§ **Your goal**: Return the lines of the data below exactly. Start at the first and end with the line containing "unfolding check_token".

§ **Given information**:
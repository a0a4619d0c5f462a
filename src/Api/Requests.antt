-- ===== src/Api/Requests.antt =====
-- Which requests the API lets through.
use Prim.Native.Char.{code}
use pretext_plus_build_full.Common.{
  ℕ, String, true, false, Option, none, some, List, [], ◌∷◌, ◌++◌, ◌==◌, ◌≡◌, ◌≢◌, ◌⊎◌, ◌↔◌, inl,
  inr, refl, sym, ap, ◌∙◌, arith, Bool-cases, eq_iff,
}
use pretext_plus_build_full.Common.Text.{codes, is_truthy, is_space, strip, lstrip, rstrip}
use pretext_plus_build_full.Config.{Settings}
use pretext_plus_build_full.Jobs.{Fields, word}
use pretext_plus_build_full.AssetCache.Names.{project_id_match}
use pretext_plus_build_full.AssetCache.Names.Slugs.{is_slug, project_id_match_iff}
use pretext_plus_build_full.Notify.{or_empty}
use pretext_plus_build_full.Api.{answered, project_id_fields, presented, differs, check_token}

differs_iff : (token : Option String) (s : String) → (differs token s ≡ false) ↔ (token ≡ some s)
unfolding differs
differs_iff none s = (λ h. absurd (cc), λ h. absurd (cc))
differs_iff (some t) s = (
  λ h. ap some ((eq_iff t s).0 (ground arith)),
  λ e. let same : (t == s) ≡ true = (eq_iff t s).1 (cc) in ground arith,
)

pub check_token_iff :
    (settings : Settings) (form_token authorization : Option String)
    → (check_token settings form_token authorization ≡ answered tt) ↔ (
        (is_truthy settings.build_token ≡ true)
        × (presented form_token authorization ≡ some settings.build_token))
unfolding check_token
check_token_iff settings form_token authorization =
    let token = presented form_token authorization in
    let same = differs_iff token settings.build_token in
    (
      λ h. elim (Bool-cases (is_truthy settings.build_token)) [
        | inr f ↦ absurd (cc (rw f at h))
        | inl t ↦ elim (Bool-cases (differs token settings.build_token)) [
          | inl d ↦ absurd (cc (rw (t, d) at h))
          | inr d ↦ (t, same.0 d)
        ]
      ],
      λ (t, e). rw (t, same.1 e) refl,
    )

snoc≢nil : (body : List ℕ) (c : ℕ) → body ++ (c ∷ []) ≢ []
snoc≢nil [] c e = cc
snoc≢nil (b ∷ body) c e = cc

codes_nil : (s : String) → codes s ≡ [] → is_truthy s ≡ false
codes_nil String.[] e = refl
codes_nil (String.◌∷◌ c s) e = absurd (cc)

newline_space : is_space 10 ≡ true
unfolding is_space
newline_space = refl

space_or_not :
    (c : ℕ) (rest : String) (body : List ℕ)
    → ((is_space c ≡ false) ⊎ (is_truthy rest ≡ true))
    → (c ∷ codes rest) ≡ body ++ (10 ∷ [])
    → (bs : List ℕ) × (codes rest ≡ bs ++ (10 ∷ []))
space_or_not c rest [] h e =
    let newline : c ≡ 10 = cc in
    let nothing : is_truthy rest ≡ false = codes_nil rest (cc) in
    elim h [
      | inl other ↦ absurd (cc (newline_space, newline, other))
      | inr some_left ↦ absurd (cc (nothing, some_left))
    ]
space_or_not c rest (b ∷ bs) h e = (bs, cc)

rstrip_no_newline : (s : String) (body : List ℕ) → codes (rstrip s) ≢ body ++ (10 ∷ [])
unfolding rstrip
rstrip_no_newline String.[] body e = snoc≢nil body 10 (sym e)
rstrip_no_newline (String.◌∷◌ c s) body e = elim (Bool-cases (is_space (code c))) [
  | inr other ↦
      let (bs, e') = space_or_not (code c) (rstrip s) body (inl other) (rw (rstrip, other) at e) in
      rstrip_no_newline s bs e'
  | inl space ↦ elim (Bool-cases (is_truthy (rstrip s))) [
    | inl left ↦
        let (bs, e') =
          space_or_not (code c) (rstrip s) body (inr left) (rw (rstrip, space, left) at e) in
        rstrip_no_newline s bs e'
    | inr gone ↦ snoc≢nil body 10 (sym (rw (rstrip, space, gone) at e))
  ]
]

strip_no_newline : (s : String) (body : List ℕ) → codes (strip s) ≢ body ++ (10 ∷ [])
unfolding strip
strip_no_newline s body e = rstrip_no_newline (lstrip s) body e

-- The fields that a `project_id` of a request contributes are none, or the id alone, and it is then
-- 1 to 64 of `A-Za-z0-9_-`, the first a letter or a digit; the newline that `PROJECT_ID` would let
-- through at its end is stripped before.
pub project_id_fields_slug :
    (value : Option String) (fields : Fields)
    → project_id_fields value ≡ answered fields
    → (fields ≡ [])
      ⊎ ((s : String) × (fields ≡ (("project_id", word s) ∷ [])) × (is_slug (codes s) ≡ true))
unfolding project_id_fields
project_id_fields_slug value fields e =
    let v = strip (or_empty value) in
    elim (Bool-cases (is_truthy v)) [
      | inr f ↦ inl (cc (rw f at e))
      | inl t ↦ elim (Bool-cases (project_id_match v)) [
        | inr g ↦ absurd (cc (rw (t, g) at e))
        | inl m ↦
            let (body, good, ends) = (project_id_match_iff v).0 m in
            inr (
              v,
              cc (rw (t, m) at e),
              elim ends [
                | inl whole ↦ ap is_slug whole ∙ good
                | inr newline ↦ absurd (strip_no_newline (or_empty value) body newline)
              ],
            )
      ]
    ]
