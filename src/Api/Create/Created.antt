-- ===== src/Api/Create/Created.antt =====
-- What an accepted request to create a job makes.
use Prim.Native.Nat.{◌<◌}
use pretext_plus_build_full.Common.{
  String, false, Option, none, some, List, ◌≡◌, refl, ◌==◌, eq_refl, Bool-cases, inl, inr, ap, ◌∙◌,
  sym,
}
use pretext_plus_build_full.Common.Dict
use pretext_plus_build_full.Common.Dict.{Dict, NodupKeys}
use pretext_plus_build_full.Common.Text.{is_truthy}
use pretext_plus_build_full.Config.{Settings}
use pretext_plus_build_full.Files.{Entries}
use pretext_plus_build_full.Jobs.{Fields, word, find, key, str}
use pretext_plus_build_full.Jobs.Laws.{field}
use pretext_plus_build_full.Jobs.Creation.{created, field-create}
use pretext_plus_build_full.World.{World}
use pretext_plus_build_full.Notify.{Network}
use pretext_plus_build_full.Api.{Answer, answered, http_error}
use pretext_plus_build_full.Api.Intake.{
  Archives, Upload, Attempt, failed, done, refuses_callback, with_callback, register, intake,
}
use pretext_plus_build_full.Api.Create.{Task, Queues, respond, accept}

-- Fields of a new job: no name twice, a kind and a target, and no status yet.
abbrev pub Fresh : String → String → Fields → Type 0
Fresh kind target fields =
    NodupKeys fields
    × (Dict.lookup "status" fields ≡ none)
    × (Dict.lookup "kind" fields ≡ some (word kind))
    × (Dict.lookup "target" fields ≡ some (word target))

with_callback-Fresh :
    (kind target : String) (callback_url : Option String) (fields : Fields)
    → Fresh kind target fields
    → Fresh kind target (with_callback callback_url fields)
unfolding with_callback
with_callback-Fresh kind target none fields h = h
with_callback-Fresh kind target (some url) fields h = elim (Bool-cases (is_truthy url)) [
  | inr f ↦ rw f h
  | inl t ↦ rw t (
    Dict.NodupKeys-insert "callback_url" (word url) fields h.0,
    rw Dict.lookup-insert h.1,
    rw Dict.lookup-insert h.2,
    rw Dict.lookup-insert h.3,
  )
]

-- The job is queued: its record says so, with its kind and target, its directory holds the unpacked
-- project and no artifact, and the records of other jobs are as they were.
abbrev pub Accepted : String → String → String → World → World → Type 0
Accepted job_id kind target w w' =
    (field w'.redis job_id "status" ≡ some "queued")
    × (field w'.redis job_id "kind" ≡ some kind)
    × (field w'.redis job_id "target" ≡ some target)
    × ((j k : String) → (job_id == j) ≡ false → field w'.redis j k ≡ field w.redis j k)
    × ((tree : Entries) × (Dict.lookup job_id w'.jobs
          ≡ some (record { mtime = w.redis.clock; work = tree; output_zip = none })))

-- The task stands in its queue, and the job is as accepted before that.
abbrev pub Enqueued : Queues → String → Task → String → String → World → World → Type 0
Enqueued queues job_id task kind target w w' =
    (accepted : World) × (w' ≡ queues.enqueue task accepted)
    × Accepted job_id kind target w accepted

module _ (settings : Settings) (net : Network) (archives : Archives) (queues : Queues)
    (show_names : List String → String) (job_id : String) (ttl : 0 < settings.job_ttl) where
  register-Accepted :
      (kind target : String) (callback_url : Option String) (fields : Fields) (w : World)
      (r : Attempt Entries) {id : String} {w' : World}
      → find w.redis (key job_id) ≡ none
      → Fresh kind target fields
      → register settings net archives job_id callback_url fields w r ≡ (answered id, w')
      → Accepted job_id kind target w w'
  unfolding register str
  register-Accepted kind target callback_url fields w (failed e) new fresh h = cc
  register-Accepted kind target callback_url fields w (done tree) {w'} new fresh h =
      let all_fields = with_callback callback_url fields in
      let good = with_callback-Fresh kind target callback_url fields fresh in
      let same = ap (λ x. x.1) h in
      let at_ = λ (j k : String).
        field-create settings.job_ttl w.redis job_id all_fields ttl new good.0 j k in
      rw (← same) (
        at_ job_id "status" ∙ rw (eq_refl, created, good.1) refl,
        at_ job_id "kind" ∙ rw (eq_refl, created, good.2) refl,
        at_ job_id "target" ∙ rw (eq_refl, created, good.3) refl,
        λ j k other. at_ j k ∙ rw other refl,
        (tree, rw (Dict.lookup-insert, eq_refl) refl),
      )

  intake-Accepted :
      (kind target : String) (upload : Upload) (callback_url : Option String) (fields : Fields)
      (w : World) {id : String} {w' : World}
      → find w.redis (key job_id) ≡ none
      → Fresh kind target fields
      → intake settings net archives job_id upload callback_url fields w ≡ (answered id, w')
      → Accepted job_id kind target w w'
  unfolding intake
  intake-Accepted kind target upload callback_url fields w new fresh h =
      elim (Bool-cases (refuses_callback settings net callback_url w)) [
        | inl bad ↦ cc (rw (intake, bad) at h)
        | inr good ↦
            register-Accepted kind target callback_url fields w _ new fresh (rw (intake, good) at h)
      ]

  respond-Enqueued :
      (kind target : String) (task : Task) (w : World) (r : Answer String × World)
      {resp : Dict String} {w' : World}
      → ((id : String) (w0 : World) → r ≡ (answered id, w0) → Accepted job_id kind target w w0)
      → respond settings net archives queues show_names job_id kind task r ≡ (answered resp, w')
      → Enqueued queues job_id task kind target w w'
  unfolding respond
  respond-Enqueued kind target task w (http_error code detail, w0) k h = cc
  respond-Enqueued kind target task w (answered id, w0) k h =
      (w0, sym (ap (λ x. x.1) h), k id w0 refl)

  pub accept-Enqueued :
      (kind target : String) (task : Task) (upload : Upload) (callback_url : Option String)
      (fields : Fields) (w : World) {resp : Dict String} {w' : World}
      → find w.redis (key job_id) ≡ none
      → Fresh kind target fields
      → accept settings net archives queues show_names job_id kind task upload callback_url fields w
        ≡ (answered resp, w')
      → Enqueued queues job_id task kind target w w'
  unfolding accept
  accept-Enqueued kind target task upload callback_url fields w new fresh h =
      respond-Enqueued kind target task w _
        (λ id w0 e. intake-Accepted kind target upload callback_url fields w new fresh e) h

§ **Response to this exercise**:
repository a0a4619d0c5f462a
filename src/Api/Requests.antt
-- ===== src/Api/Requests.antt =====
-- Which requests the API lets through.
use Prim.Native.Char.{code}
use pretext_plus_build_full.Common.{
  ℕ, String, true, false, Option, none, some, List, [], ◌∷◌, ◌++◌, ◌==◌, ◌≡◌, ◌≢◌, ◌⊎◌, ◌↔◌, inl,
  inr, refl, sym, ap, ◌∙◌, arith, Bool-cases, eq_iff,
}
use pretext_plus_build_full.Common.Text.{codes, is_truthy, is_space, strip, lstrip, rstrip}
use pretext_plus_build_full.Config.{Settings}
use pretext_plus_build_full.Jobs.{Fields, word}
use pretext_plus_build_full.AssetCache.Names.{project_id_match}
use pretext_plus_build_full.AssetCache.Names.Slugs.{is_slug, project_id_match_iff}
use pretext_plus_build_full.Notify.{or_empty}
use pretext_plus_build_full.Api.{answered, project_id_fields, presented, differs, check_token}

differs_iff : (token : Option String) (s : String) → (differs token s ≡ false) ↔ (token ≡ some s)
unfolding differs
differs_iff none s = (λ h. absurd (cc), λ h. absurd (cc))
differs_iff (some t) s = (
  λ h. ap some ((eq_iff t s).0 (ground arith)),
  λ e. let same : (t == s) ≡ true = (eq_iff t s).1 (cc) in ground arith,
)

pub check_token_iff :
    (settings : Settings) (form_token authorization : Option String)
    → (check_token settings form_token authorization ≡ answered tt) ↔ (
        (is_truthy settings.build_token ≡ true)
        × (presented form_token authorization ≡ some settings.build_token))
unfolding check_token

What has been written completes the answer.